Une réunion convoquée par Bercy
La rencontre, prévue mardi à 17 heures, réunira la ministre des Comptes publics, Amélie de Montchalin, et le ministre de l’Économie, Roland Lescure, qui recevront « les représentants des groupes parlementaires ayant exprimé la volonté, en responsabilité, de sortir la France de l’impasse budgétaire [ensemble des groupes hors RN et LFI] », précise le communiqué de Bercy.
Il s’agit d’une « réunion de travail » où les groupes conviés seront reçus simultanément, et non d’un cycle d’entretiens individuels. L’objectif officiel affiché est d’aborder « les principaux points de blocage identifiés lors de la commission mixte paritaire », instance composée de sénateurs et de députés qui s’était déjà réunie pour tenter de trouver un compromis sur le projet de budget.
Contexte : une commission mixte paritaire avortée et une loi spéciale
La commission mixte paritaire avait échoué le 19 décembre, sans accord sur un texte commun. En conséquence, les parlementaires avaient adopté, avant la fin de l’année, une loi spéciale destinée à assurer temporairement la continuité des services publics en l’absence d’un budget adopté.
Avec cette nouvelle convocation, le gouvernement espère « rapprocher les positions » afin de « construire des compromis » et ainsi « sortir du fonctionnement en loi spéciale et doter rapidement le pays d’un budget, condition indispensable pour relancer l’action publique et sécuriser les investissements », détaille encore Bercy.
Pression politique et calendrier parlementaire
Le premier ministre, Sébastien Lecornu, a exercé la pression sur les parlementaires dès lundi, demandant qu’ils s’entendent sur un budget d’ici la fin du mois. La réunion organisée à Bercy intervient deux jours avant que le texte retourne devant la commission des finances de l’Assemblée nationale, programmée jeudi.
Ce calendrier serré illustre la volonté du gouvernement de ramener rapidement le débat budgétaire sur des rails parlementaires ordinaires, après une période de procédures dérogatoires.
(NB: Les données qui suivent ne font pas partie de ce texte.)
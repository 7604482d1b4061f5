-- ===== src/Decode.antt =====
-- The forward passes of crates/runtime/src/chain.rs and its plain decode loop `run_turn`, with the
-- sampler at temperature zero. A model comes from libllama: it is a function from the tokens before a position to
-- the logits there. A KV cache is the list of tokens that it covers; a pass whose position or context
-- is not the cache's would compute on the wrong keys, and is an error here. Detokenising and the
-- callback are left out.
pub mod Greedy
use intelnav.Base.{
  ℕ, zero, suc, ◌+◌, ◌-◌, ◌*◌, ◌/◌, ◌%◌, ◌^◌, ◌≤◌, ◌<◌, min, max, String, ◌≡◌, refl, sym, ap, ◌∙◌,
  ◌≢◌, ◌↔◌, ◌⊎◌, inl, inr, Bool, true, false, not, ◌&&◌, ◌||◌, Option, none, some, List, [], ◌∷◌,
  ◌++◌, map, append_assoc, append-nil, arith, ltb, leb, ◌==◌, if◌then◌else◌, ltb→lt, lt→ltb, leb→le,
  le→leb, ==_iff, tests, Bool-cases, Option-cases, List-cases, length, get_elem?, set, take, drop,
  replicate, All, length-append, take-append-drop, length-take, length-drop, length-replicate,
  take-append, drop-append, take-all, length-set, length-map, Result, ok, err, ◌>>=◌, ◌>>◌, guard,
  or_fail, Result-cases,
}
use intelnav.Sample.{Scores, Logits, SamplerCfg, scores_of, sample}

pub record Models : Type 1 where
  pub scores : Scores
  pub target : List ℕ → Logits scores
  pub draft : List ℕ → Logits scores
  pub is_eos : ℕ → Bool

pub data DecodeError : Type 0 where
  bad_k not_greedy repeat_penalised empty_prompt empty_logits misplaced out_of_range out_of_fuel :
      DecodeError

-- The caches of the driver's front slice and of the peers.
pub record Target : Type 0 where
  pub front : List ℕ
  pub peers : List ℕ

-- Activations of `tokens` behind `context`, after some of the layers.
pub record Hidden : Type 0 where
  pub context : List ℕ
  pub tokens : List ℕ

abbrev pub tokens_eq : List ℕ → List ℕ → Bool
tokens_eq [] [] = true
tokens_eq (x ∷ xs) (y ∷ ys) = x == y && tokens_eq xs ys
tokens_eq _ _ = false

pub tokens_eq_refl : (xs : List ℕ) → tokens_eq xs xs ≡ true
tokens_eq_refl [] = refl
tokens_eq_refl (x ∷ xs) = ground (arith, tokens_eq_refl xs)

-- `truncate_kv_to(keep)`.
abbrev pub truncate_kv_to : ℕ → List ℕ → List ℕ
truncate_kv_to = take

unfoldable pub front_forward : Target → List ℕ → ℕ → Result DecodeError (Hidden × Target)
front_forward t tokens index_pos =
    if index_pos == length t.front
    then ok (record { context = t.front; tokens = tokens }, record t { front = t.front ++ tokens })
    else err misplaced

abbrev pub kept : Option ℕ → List ℕ → List ℕ
kept none cache = cache
kept (some n) cache = truncate_kv_to n cache

-- Every peer truncates its cache to `keep`, if that is given, and runs its layers.
unfoldable pub step_with_truncate :
    Target → Hidden → Option ℕ → Result DecodeError (Hidden × Target)
step_with_truncate t hidden keep =
    let cache = kept keep t.peers in
    if tokens_eq cache hidden.context
    then ok (hidden, record t { peers = cache ++ hidden.tokens })
    else err misplaced

unfoldable pub chain_step : Target → Hidden → Result DecodeError (Hidden × Target)
unfolding step_with_truncate
chain_step t hidden = step_with_truncate t hidden none

module _ (m : Models) where
  open m use {scores, target, is_eos}

  -- The logits of the last position.
  unfoldable pub head_forward : Hidden → Logits scores
  head_forward h = target (h.context ++ h.tokens)

  unfoldable pub position_logits : List ℕ → List ℕ → List (Logits scores)
  position_logits context [] = []
  position_logits context (t ∷ ts) =
      target (context ++ t ∷ []) ∷ position_logits (context ++ t ∷ []) ts

  -- The logits of every position.
  unfoldable pub head_all_forward : Hidden → List (Logits scores)
  unfolding position_logits
  head_all_forward h = position_logits h.context h.tokens

  -- Front slice, peers and head on `tokens`.
  unfoldable pub forward : Target → List ℕ → ℕ → Result DecodeError (Logits scores × Target)
  unfolding front_forward chain_step head_forward
  forward t tokens index_pos = do
    (front, t1) ← front_forward t tokens index_pos
    (tail, t2) ← chain_step t1 front
    ok (head_forward tail, t2)

  module _ (cfg : SamplerCfg scores) where
    -- The loop of `run_turn`; `next` is sampled and not yet pushed.
    unfoldable pub decode_loop :
        ℕ → ℕ → Target → List ℕ → ℕ → ℕ → ℕ → Result DecodeError (ℕ × List ℕ)
    unfolding forward sample
    decode_loop zero max_new_tokens t tokens index_pos next n_gen = err out_of_fuel
    decode_loop (suc fuel) max_new_tokens t tokens index_pos next n_gen =
        let pushed = tokens ++ next ∷ [] in
        let go_on : Result DecodeError (ℕ × List ℕ) =
          forward t (next ∷ []) index_pos >>= λ (logits, t').
          or_fail (sample scores (scores_of scores logits) pushed cfg) empty_logits >>= λ sampled.
          decode_loop fuel max_new_tokens t' pushed (index_pos + 1) sampled (n_gen + 1) in
        if is_eos next || leb max_new_tokens n_gen then ok (n_gen, tokens) else go_on

    -- The number of tokens generated, and all tokens, the prompt's first. `peers` is what the peers'
    -- caches hold: nothing, behind a fresh session.
    unfoldable pub run_turn : List ℕ → List ℕ → ℕ → Result DecodeError (ℕ × List ℕ)
    unfolding forward decode_loop sample
    run_turn peers [] max_new_tokens = err empty_prompt
    run_turn peers (p ∷ ps) max_new_tokens = do
      (logits, t) ← forward (record { front = []; peers = peers }) (p ∷ ps) 0
      next ← or_fail (sample scores (scores_of scores logits) (p ∷ ps) cfg) empty_logits
      decode_loop (max_new_tokens + 1) max_new_tokens t (p ∷ ps) (length (p ∷ ps)) next 0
Les modalités précises des discussions et les concessions possibles n’ont pas été détaillées par le ministère.
Sujets fiscaux et dépenses sur la table
Parmi les points fiscaux qui figureront à l’ordre du jour, Bercy cite le barème de l’impôt sur le revenu, la taxe sur les holdings, la surtaxe d’impôt sur les sociétés, le droit de timbre et la taxe plastique.
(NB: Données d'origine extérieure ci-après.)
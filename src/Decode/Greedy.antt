-- ===== src/Decode/Greedy.antt =====
-- What `run_turn` of crates/runtime/src/chain.rs decodes, with and without a repeat penalty.
use intelnav.Base.{
  ℕ, zero, suc, ap, ◌∙◌, some, false, ◌+◌, ◌<◌, ◌≡◌, refl, ◌≢◌, List, [], ◌∷◌, ◌++◌, append_assoc,
  append-nil, arith, if◌then◌else◌, length, length-append, ok,
}
use intelnav.Decode.{
  Models, Target, tokens_eq_refl, front_forward, chain_step, head_forward, forward, decode_loop,
  run_turn,
}
use intelnav.Sample.{SamplerCfg, scores_of, argmax, argmax_last, view, sample, argmax-unpenalised}

-- Caches that cover just `xs`.
abbrev pub at : List ℕ → Target
at xs = record { front = xs; peers = xs }

module _ (m : Models) where
  open m use {scores, target, is_eos}

  abbrev pub best : List ℕ → ℕ
  best ctx = argmax_last scores (target ctx)

  -- At most `n` greedy tokens behind `ctx`, up to the end token and without it.
  unfoldable pub greedy : ℕ → List ℕ → List ℕ
  greedy zero ctx = []
  greedy (suc n) ctx =
      let rest = greedy n (ctx ++ best ctx ∷ []) in
      if is_eos (best ctx) then [] else best ctx ∷ rest

  -- In step, a pass appends to both caches and gives the logits behind the last token.
  pub forward-at :
      (xs ys : List ℕ) → forward m (at xs) ys (length xs) ≡ ok (target (xs ++ ys), at (xs ++ ys))
  unfolding forward front_forward chain_step head_forward
  forward-at xs ys = ground (arith, tokens_eq_refl xs)

  module _ (cfg : SamplerCfg scores) where
    -- What the sampler takes behind `ctx`: the best score of the target's, once those of the last
    -- tokens of `ctx` are penalised.
    abbrev pub pick : List ℕ → ℕ
    pick ctx = argmax scores (view scores (scores_of scores (target ctx)) ctx cfg)

    -- At most `n` such tokens behind `ctx`, up to the end token and without it.
    unfoldable pub picks : ℕ → List ℕ → List ℕ
    picks zero ctx = []
    picks (suc n) ctx =
        let rest = picks n (ctx ++ pick ctx ∷ []) in
        if is_eos (pick ctx) then [] else pick ctx ∷ rest

    sample-pick :
        (ctx : List ℕ) → sample scores (scores_of scores (target ctx)) ctx cfg ≡ some (pick ctx)
    unfolding sample
    sample-pick ctx = refl

    decode_loop-picks :
        (room fuel max_new n_gen pos : ℕ) (xs : List ℕ)
        → room < fuel
        → max_new ≡ n_gen + room
        → pos ≡ length xs
        → decode_loop m cfg fuel max_new (at xs) xs pos (pick xs) n_gen
          ≡ ok (n_gen + length (picks room xs), xs ++ picks room xs)
    unfolding decode_loop picks
    decode_loop-picks room zero max_new n_gen pos xs h e p = absurd (omega arith)
    decode_loop-picks zero (suc fuel) max_new n_gen pos xs h e p = ground (arith, append-nil xs)
    decode_loop-picks (suc room) (suc fuel) max_new n_gen pos xs h e p =
        let b : ℕ = pick xs in
        ground (
          arith,
          append-nil xs,
          forward-at xs (b ∷ []),
          sample-pick (xs ++ b ∷ []),
          length-append xs (b ∷ []),
          decode_loop-picks room fuel max_new (n_gen + 1) (pos + 1) (xs ++ b ∷ []),
          append_assoc xs (b ∷ []) (picks room (xs ++ b ∷ [])),
        )

    pub run_turn-picks :
        (prompt : List ℕ) (max_new_tokens : ℕ)
        → prompt ≢ []
        → run_turn m cfg [] prompt max_new_tokens
          ≡ ok (length (picks max_new_tokens prompt), prompt ++ picks max_new_tokens prompt)
    unfolding run_turn
    run_turn-picks [] n h = absurd (h refl)
    run_turn-picks (p ∷ ps) n h = ground (
      arith,
      forward-at [] (p ∷ ps),
      sample-pick (p ∷ ps),
      decode_loop-picks n (n + 1) n 0 (length (p ∷ ps)) (p ∷ ps),
    )

    picks-greedy :
        (n : ℕ) (ctx : List ℕ)
        → scores.gt cfg.repeat_penalty scores.one_f ≡ false
        → picks n ctx ≡ greedy n ctx
    unfolding picks greedy
    picks-greedy zero ctx off = refl
    picks-greedy (suc n) ctx off =
        rw (argmax-unpenalised scores (target ctx) ctx cfg off)
          (rw (picks-greedy n (ctx ++ best ctx ∷ []) off) refl)

    -- The same without a repeat penalty: the greedy continuation.
    pub run_turn-greedy :
        (prompt : List ℕ) (max_new_tokens : ℕ)
        → prompt ≢ []
        → scores.gt cfg.repeat_penalty scores.one_f ≡ false
        → run_turn m cfg [] prompt max_new_tokens
          ≡ ok (length (greedy max_new_tokens prompt), prompt ++ greedy max_new_tokens prompt)
    run_turn-greedy prompt n h off =
        run_turn-picks prompt n h
        ∙ ap (λ xs. ok (length xs, prompt ++ xs)) (picks-greedy n prompt off)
Le ministère évoque également des thèmes liés aux dépenses : le plan France 2030, la prime d’activité, les questions spécifiques aux outre‑mer, l’agriculture, le fonds vert, l’université et la recherche, ainsi que les collectivités territoriales. Bercy mentionne enfin les effectifs et la masse salariale de l’État, sans fournir de précisions supplémentaires.
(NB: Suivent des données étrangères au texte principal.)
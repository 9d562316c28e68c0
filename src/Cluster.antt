-- ===== src/Cluster.antt =====
-- What the controllers see of the cluster: the calls of the API server's client, the answers, and
-- the operator's own state. The API server, other clients, kubelets, the environment and the digest
-- are not part of the operator: `World` has their answers. An answer may depend on all calls made
-- so far, so a statement about every `World` is one about every behaviour of the cluster, errors
-- and concurrent changes included.
pub mod Op
pub mod Keeps
pub mod Stops
use kubernetes_images_sync_o.Base.{ℕ, ℤ, Bool, Option, List, [], ◌∷◌}
use kubernetes_images_sync_o.Text.{Text}
use kubernetes_images_sync_o.Errors.{Result}
use kubernetes_images_sync_o.Api.{Annotations, ClusterImage, ClusterImageExport}
use kubernetes_images_sync_o.Jobs.{Job}
use kubernetes_images_sync_o.Reference.{ContainerCache}

-- `types.NamespacedName`
pub record Key : Type 0 where
  pub namespace : Text
  pub name : Text

-- What the controllers read of a job: `selector` is `Spec.Selector.MatchLabels`.
pub record JobObject : Type 0 where
  pub name : Text
  pub namespace : Text
  pub selector : Annotations
  pub succeeded : ℕ
  pub failed : ℕ

-- `RestartCount` of each container status of the pod.
pub record Pod : Type 0 where
  pub restart_counts : List ℕ

-- The images of a workload's pod template, and the workload's namespace.
pub record Workload : Type 0 where
  pub namespace : Text
  pub containers : List Text
  pub init_containers : List Text
  pub ephemeral_containers : List Text

pub data WorkloadKind : Type 0 where
  deployments jobs daemon_sets cron_jobs : WorkloadKind

pub data Propagation : Type 0 where
  background foreground : Propagation

-- `r.List` of images: all of them, or those of a namespace whose `spec.exportName` is a name.
pub data Scope : Type 0 where
  everywhere : Scope
  of_export : (namespace export_name : Text) → Scope

pub data Call : Type 0 where
  get_image : Key → Call
  get_export : Key → Call
  get_job : Key → Call
  list_images : Scope → Call
  list_pods : Text → Annotations → Call
  list_jobs : Text → Annotations → Call
  list_workloads : WorkloadKind → Call
  create_image : ClusterImage → Call
  create_job : Job → Call
  update_image_status : ClusterImage → Call
  update_export_status : ClusterImageExport → Call
  update_export : ClusterImageExport → Call
  delete_job : Propagation → Key → Call
  delete_pods : Text → Annotations → Call

-- Each answer is a function of the calls made before, newest first. `written` answers the calls
-- that change the cluster. `completions` is the order in which the goroutines over listed workloads
-- end, each with the number of its containers before which it found the context done, if it did;
-- `interrupted` is whether the wait for them ended by the context. `md5_hex` is the digest of a text
-- in hexadecimal digits; the finalizer functions are those of controller-runtime.
pub record World : Type 0 where
  pub image_at : List Call → Key → Result ClusterImage
  pub export_at : List Call → Key → Result ClusterImageExport
  pub job_at : List Call → Key → Result JobObject
  pub images_in : List Call → Scope → Result (List ClusterImage)
  pub pods_in : List Call → Text → Annotations → Result (List Pod)
  pub jobs_in : List Call → Text → Annotations → Result (List JobObject)
  pub workloads_in : List Call → WorkloadKind → Result (List Workload)
  pub written : List Call → Call → Result (Unit {0})
  pub completions : List Call → List Workload → List (Workload × Option ℕ)
  pub interrupted : List Call → Bool
  pub service_account : Text
  pub unicode_lower : ℕ → ℕ
  pub md5_hex : Text → Text
  pub contains_finalizer : ClusterImageExport → Text → Bool
  pub add_finalizer : ClusterImageExport → Text → ClusterImageExport
  pub remove_finalizer : ClusterImageExport → Text → ClusterImageExport

-- The fields `ActiveJobs` and `MaxParallelJobs` of `ClusterImageReconciler`, the cache of image
-- references, and the calls made so far, newest first.
pub record Operator : Type 0 where
  pub active_jobs : ℤ
  pub max_parallel_jobs : ℤ
  pub cache : ContainerCache
  pub calls : List Call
Ces sujets recoupent des enjeux à la fois politiques et techniques, susceptibles d’être des points de friction entre majorités et oppositions. Le choix d’un format de réunion simultanée laisse entendre une volonté de chercher des compromis globaux plutôt que des accords bilatéraux sur des mesures isolées.
Ce qui reste incertain
Le ministère n’a pas communiqué la liste complète des participants ni les marges de manœuvre budgétaires qui pourraient être discutées. De même, aucune indication n’a été fournie sur d’éventuelles concessions chiffrées ou calendrier précis de vote après la réunion.
Le succès de cette initiative dépendra des concessions que seront prêts à faire les groupes invités et de la capacité du gouvernement à arbitrer entre demandes divergentes sur les prélèvements et les dépenses.
Au moment de la convocation, Bercy se contente d’appeler à « rapprocher les positions » afin de clore la période de recours à une loi spéciale et d’offrir au pays un budget voté selon la procédure parlementaire normale.